## Problem to work on:
Gather all lines in the records below that include the word "starts".

Stored entries:
-*-*-
-- ===== src/Logger/Lifecycle/Interleaving.antt =====
-- logger/*.go: the operations of the logger package in any order, and what holds through all of them.
use go_library.Prelude.{ℕ, ◌≡◌, refl, String, true, false, Option, some, List, get_elem?, arith}
use go_library.Runtime.{Runtime}
use go_library.Logger.Value.{Attr}
use go_library.Logger.Level.{Level}
use go_library.Logger.State.{Config, Logger, Lifecycle, World, now}
use go_library.Logger.Context.{Context, ensure_request_id}
use go_library.Logger.Handler.{log, set_level}
use go_library.Logger.Setup.{new, init}
use go_library.Logger.Lifecycle.{start_request, stage, finish}
use go_library.Logger.Lifecycle.Growth.{
  Grows, Grows-refl, Grows-still, Grows-trans, now-Grows, ensure_request_id-Grows, log-Grows,
  stage-Grows, finish-Grows, start_request-Grows,
}
use go_library.Logger.Lifecycle.Completion.{finish_marks}

module _ (rt : Runtime) where
  -- The operations of the logger package, of any number of requests, in any order. The packages above
  -- it also read the clock.
  pub data Steps (w : World) : World → Type 0 where
    here : Steps w w
    reads : {u : World} → Steps w u → Steps w (now rt u).1
    news : {u : World} → Steps w u → (cfg : Config) → Steps w (new rt cfg u).1
    inits : {u : World} → Steps w u → (cfg : Config) → Steps w (init rt cfg u).1
    sets :
        {u : World} → Steps w u → (l : Logger) (level : String) → Steps w (set_level rt l level u).1
    ids : {u : World} → Steps w u → (ctx : Context) → Steps w (ensure_request_id rt ctx u).1
    logs :
        {u : World}
        → Steps w u
        → (l : Logger) (level : Level) (ctx : Context) (msg : String) (args : List Attr)
        → Steps w (log rt l level ctx msg args u).1
    starts :
        {u : World}
        → Steps w u
        → (l : Logger) (ctx : Context) (name : String) (attrs : List Attr)
        → Steps w (start_request rt l ctx name attrs u).1
    stages :
        {u : World}
        → Steps w u
        → (p : Option ℕ) (ctx : Context) (name : String) (attrs : List Attr)
        → Steps w (stage rt p ctx name attrs u).1
    ends :
        {u : World}
        → Steps w u
        → (p : Option ℕ) (ctx : Context) (attrs : List Attr) → Steps w (finish rt p ctx attrs u).1

  new-Grows : (cfg : Config) (w : World) → Grows w (new rt cfg w).1
  unfolding new
  new-Grows cfg w = Grows-still refl refl (omega arith) (omega arith) (λ h. h) refl

  init-Grows : (cfg : Config) (w : World) → Grows w (init rt cfg w).1
  unfolding init new
  init-Grows cfg w = Grows-still refl refl (omega arith) (omega arith) (λ h. h) refl

  set_level-Grows : (l : Logger) (level : String) (w : World) → Grows w (set_level rt l level w).1
  unfolding set_level
  set_level-Grows l level w = Grows-still refl refl (omega arith) (omega arith) (λ h. h) refl

  -- Through whatever operations, of whatever requests and in whatever order: the lines that were
  -- written stay as they are, in their order and in front of all others; every trace that was started keeps its name, its start
  -- and its logger, stages are only added behind the others that it has, and one that has ended stays
  -- so; no reading of the clock and no drawn id is given back; the cold start does not come again once
  -- it is over; and the start of the process stays.
  pub Steps-Grows : {w w' : World} → Steps w w' → Grows w w'
  Steps-Grows {w} here = Grows-refl w
  Steps-Grows (reads s) = Grows-trans (Steps-Grows s) (now-Grows rt _)
  Steps-Grows (news s cfg) = Grows-trans (Steps-Grows s) (new-Grows cfg _)
  Steps-Grows (inits s cfg) = Grows-trans (Steps-Grows s) (init-Grows cfg _)
  Steps-Grows (sets s l level) = Grows-trans (Steps-Grows s) (set_level-Grows l level _)
  Steps-Grows (ids s ctx) = Grows-trans (Steps-Grows s) (ensure_request_id-Grows rt ctx _)
  Steps-Grows (logs s l level ctx msg args) =
      Grows-trans (Steps-Grows s) (log-Grows rt l level ctx msg args _)
  Steps-Grows (starts s l ctx name attrs) =
      Grows-trans (Steps-Grows s) (start_request-Grows rt l ctx name attrs _)
  Steps-Grows (stages s p ctx name attrs) =
      Grows-trans (Steps-Grows s) (stage-Grows rt p ctx name attrs _)
  Steps-Grows (ends s p ctx attrs) = Grows-trans (Steps-Grows s) (finish-Grows rt p ctx attrs _)

  finish_ended :
      (p : ℕ) (ctx : Context) (attrs : List Attr) (w : World) (lc : Lifecycle)
      → get_elem? w.lifecycles p ≡ some lc
      → lc.ended ≡ true
      → finish rt (some p) ctx attrs w ≡ (tt, w)
  unfolding finish
  finish_ended p ctx attrs w lc found over = rw (found, finish, over) refl

  -- A trace that has ended is not ended again, whatever happens in between.
  pub finish-Steps_ended :
      (p : ℕ) (lc : Lifecycle) (w : World)
      → get_elem? w.lifecycles p ≡ some lc
      → lc.ended ≡ true
      → {v : World} → Steps w v
      → (ctx : Context) (attrs : List Attr) → finish rt (some p) ctx attrs v ≡ (tt, v)
  finish-Steps_ended p lc w found over {v} steps ctx attrs =
      let (lc', found', kept) = (Steps-Grows steps).traces p lc found in
      finish_ended p ctx attrs v lc' found' (kept.over over)

  -- A lifecycle is ended at most once under every interleaving: after an `End` on one that had not
  -- ended, and then any operations of the logger package, on this and on other lifecycles and in
  -- whatever order, a further `End` on it changes nothing, whatever its context and attributes.
  pub finish-Steps_once :
      (p : ℕ) (lc : Lifecycle) (ctx ctx' : Context) (attrs attrs' : List Attr) (w : World)
      {v : World}
      → get_elem? w.lifecycles p ≡ some lc
      → lc.ended ≡ false
      → Steps (finish rt (some p) ctx attrs w).1 v
      → finish rt (some p) ctx' attrs' v ≡ (tt, v)
  finish-Steps_once p lc ctx ctx' attrs attrs' w found open_ steps =
      finish-Steps_ended p (record lc { ended = true }) _
        (finish_marks rt p lc ctx attrs w found open_).0 refl steps ctx' attrs'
-*-*-
## Answer for this exercise:
    starts :
  Steps-Grows (starts s l ctx name attrs) =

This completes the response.